◆ Task description ◆
Go through the records below and copy out every line holding "some".

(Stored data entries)
--------------------
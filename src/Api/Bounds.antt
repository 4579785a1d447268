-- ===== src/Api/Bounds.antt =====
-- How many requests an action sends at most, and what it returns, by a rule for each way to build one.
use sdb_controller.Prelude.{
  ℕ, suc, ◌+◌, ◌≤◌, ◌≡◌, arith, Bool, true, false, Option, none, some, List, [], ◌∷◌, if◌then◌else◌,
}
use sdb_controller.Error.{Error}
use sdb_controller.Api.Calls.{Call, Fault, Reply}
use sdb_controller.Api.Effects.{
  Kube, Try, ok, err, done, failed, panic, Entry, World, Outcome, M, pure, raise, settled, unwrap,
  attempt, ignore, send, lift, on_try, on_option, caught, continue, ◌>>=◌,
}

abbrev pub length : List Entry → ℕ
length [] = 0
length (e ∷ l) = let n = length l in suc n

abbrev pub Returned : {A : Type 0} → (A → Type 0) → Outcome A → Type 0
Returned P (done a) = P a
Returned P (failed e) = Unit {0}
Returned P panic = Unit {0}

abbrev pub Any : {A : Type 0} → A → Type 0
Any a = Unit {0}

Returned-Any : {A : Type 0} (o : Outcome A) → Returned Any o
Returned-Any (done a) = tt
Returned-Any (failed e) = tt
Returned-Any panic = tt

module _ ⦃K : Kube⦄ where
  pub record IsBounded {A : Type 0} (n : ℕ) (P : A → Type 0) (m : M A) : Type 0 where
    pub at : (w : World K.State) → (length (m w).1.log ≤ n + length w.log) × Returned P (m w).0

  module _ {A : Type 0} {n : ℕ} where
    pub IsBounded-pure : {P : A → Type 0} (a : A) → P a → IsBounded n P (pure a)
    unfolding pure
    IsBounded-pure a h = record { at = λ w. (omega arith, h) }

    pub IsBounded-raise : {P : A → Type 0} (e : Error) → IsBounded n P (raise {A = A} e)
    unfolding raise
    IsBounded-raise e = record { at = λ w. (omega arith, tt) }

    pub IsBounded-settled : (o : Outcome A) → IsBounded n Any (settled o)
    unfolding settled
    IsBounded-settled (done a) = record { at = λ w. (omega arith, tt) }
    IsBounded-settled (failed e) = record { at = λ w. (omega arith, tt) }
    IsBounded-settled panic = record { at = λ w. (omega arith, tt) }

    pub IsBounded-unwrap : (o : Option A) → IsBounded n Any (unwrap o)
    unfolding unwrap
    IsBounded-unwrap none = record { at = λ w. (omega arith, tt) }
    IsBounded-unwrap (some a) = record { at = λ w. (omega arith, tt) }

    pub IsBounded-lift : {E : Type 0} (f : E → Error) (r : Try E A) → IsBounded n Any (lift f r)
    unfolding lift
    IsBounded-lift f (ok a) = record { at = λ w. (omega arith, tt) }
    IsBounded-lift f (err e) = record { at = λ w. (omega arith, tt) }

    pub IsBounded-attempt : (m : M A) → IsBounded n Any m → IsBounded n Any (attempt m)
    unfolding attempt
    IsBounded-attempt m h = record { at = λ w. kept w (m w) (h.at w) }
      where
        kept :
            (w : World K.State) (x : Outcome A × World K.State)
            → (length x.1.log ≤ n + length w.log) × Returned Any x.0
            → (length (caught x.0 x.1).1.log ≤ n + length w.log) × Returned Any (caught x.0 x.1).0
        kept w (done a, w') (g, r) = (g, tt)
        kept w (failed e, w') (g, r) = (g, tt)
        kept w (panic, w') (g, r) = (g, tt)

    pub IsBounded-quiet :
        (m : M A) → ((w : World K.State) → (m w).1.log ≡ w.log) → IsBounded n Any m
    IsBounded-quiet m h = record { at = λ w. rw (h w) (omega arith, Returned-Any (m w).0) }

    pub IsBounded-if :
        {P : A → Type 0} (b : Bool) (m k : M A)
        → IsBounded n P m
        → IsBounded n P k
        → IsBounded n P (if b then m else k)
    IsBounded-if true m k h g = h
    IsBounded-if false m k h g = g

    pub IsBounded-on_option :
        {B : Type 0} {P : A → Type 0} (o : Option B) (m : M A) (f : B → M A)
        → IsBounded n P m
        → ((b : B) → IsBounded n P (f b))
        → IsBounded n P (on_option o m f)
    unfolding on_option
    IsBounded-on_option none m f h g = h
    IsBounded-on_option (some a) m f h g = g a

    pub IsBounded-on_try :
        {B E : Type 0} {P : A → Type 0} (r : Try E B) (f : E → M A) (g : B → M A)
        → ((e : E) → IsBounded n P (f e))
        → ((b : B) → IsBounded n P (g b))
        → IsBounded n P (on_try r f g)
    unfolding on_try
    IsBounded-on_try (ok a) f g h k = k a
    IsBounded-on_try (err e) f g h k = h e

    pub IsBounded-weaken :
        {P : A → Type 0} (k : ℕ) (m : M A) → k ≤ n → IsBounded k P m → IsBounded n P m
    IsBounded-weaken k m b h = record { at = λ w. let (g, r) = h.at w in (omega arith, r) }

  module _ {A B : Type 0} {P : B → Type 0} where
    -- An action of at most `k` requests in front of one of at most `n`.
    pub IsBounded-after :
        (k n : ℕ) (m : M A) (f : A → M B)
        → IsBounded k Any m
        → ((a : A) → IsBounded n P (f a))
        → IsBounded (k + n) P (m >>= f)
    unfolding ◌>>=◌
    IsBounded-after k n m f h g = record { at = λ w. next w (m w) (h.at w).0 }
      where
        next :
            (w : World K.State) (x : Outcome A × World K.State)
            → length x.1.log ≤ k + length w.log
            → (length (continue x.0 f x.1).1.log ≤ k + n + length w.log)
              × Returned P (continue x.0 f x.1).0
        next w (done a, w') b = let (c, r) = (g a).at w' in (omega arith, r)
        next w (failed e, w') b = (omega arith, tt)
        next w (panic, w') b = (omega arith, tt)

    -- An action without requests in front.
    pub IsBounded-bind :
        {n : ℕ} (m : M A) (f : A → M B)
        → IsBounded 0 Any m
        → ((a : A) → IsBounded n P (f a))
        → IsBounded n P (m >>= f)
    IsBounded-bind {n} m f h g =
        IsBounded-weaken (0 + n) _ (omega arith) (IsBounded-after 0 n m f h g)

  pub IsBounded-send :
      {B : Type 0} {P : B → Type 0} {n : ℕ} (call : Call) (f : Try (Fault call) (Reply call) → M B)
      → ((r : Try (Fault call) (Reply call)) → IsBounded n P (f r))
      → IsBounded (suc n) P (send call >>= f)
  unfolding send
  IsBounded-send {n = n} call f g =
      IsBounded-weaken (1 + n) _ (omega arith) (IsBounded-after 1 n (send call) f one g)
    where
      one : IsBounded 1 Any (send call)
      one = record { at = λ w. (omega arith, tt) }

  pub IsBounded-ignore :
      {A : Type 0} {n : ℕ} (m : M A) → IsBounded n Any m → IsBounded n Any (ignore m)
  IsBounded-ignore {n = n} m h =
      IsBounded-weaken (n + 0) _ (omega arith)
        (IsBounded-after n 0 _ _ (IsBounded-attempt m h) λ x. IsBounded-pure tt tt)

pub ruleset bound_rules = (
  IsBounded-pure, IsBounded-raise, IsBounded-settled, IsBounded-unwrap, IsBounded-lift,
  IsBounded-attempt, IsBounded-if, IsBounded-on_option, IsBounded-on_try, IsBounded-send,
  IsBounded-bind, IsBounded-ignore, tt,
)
--------------------
◆ Task output ◆
  ℕ, suc, ◌+◌, ◌≤◌, ◌≡◌, arith, Bool, true, false, Option, none, some, List, [], ◌∷◌, if◌then◌else◌,
    IsBounded-unwrap (some a) = record { at = λ w. (omega arith, tt) }
    IsBounded-on_option (some a) m f h g = g a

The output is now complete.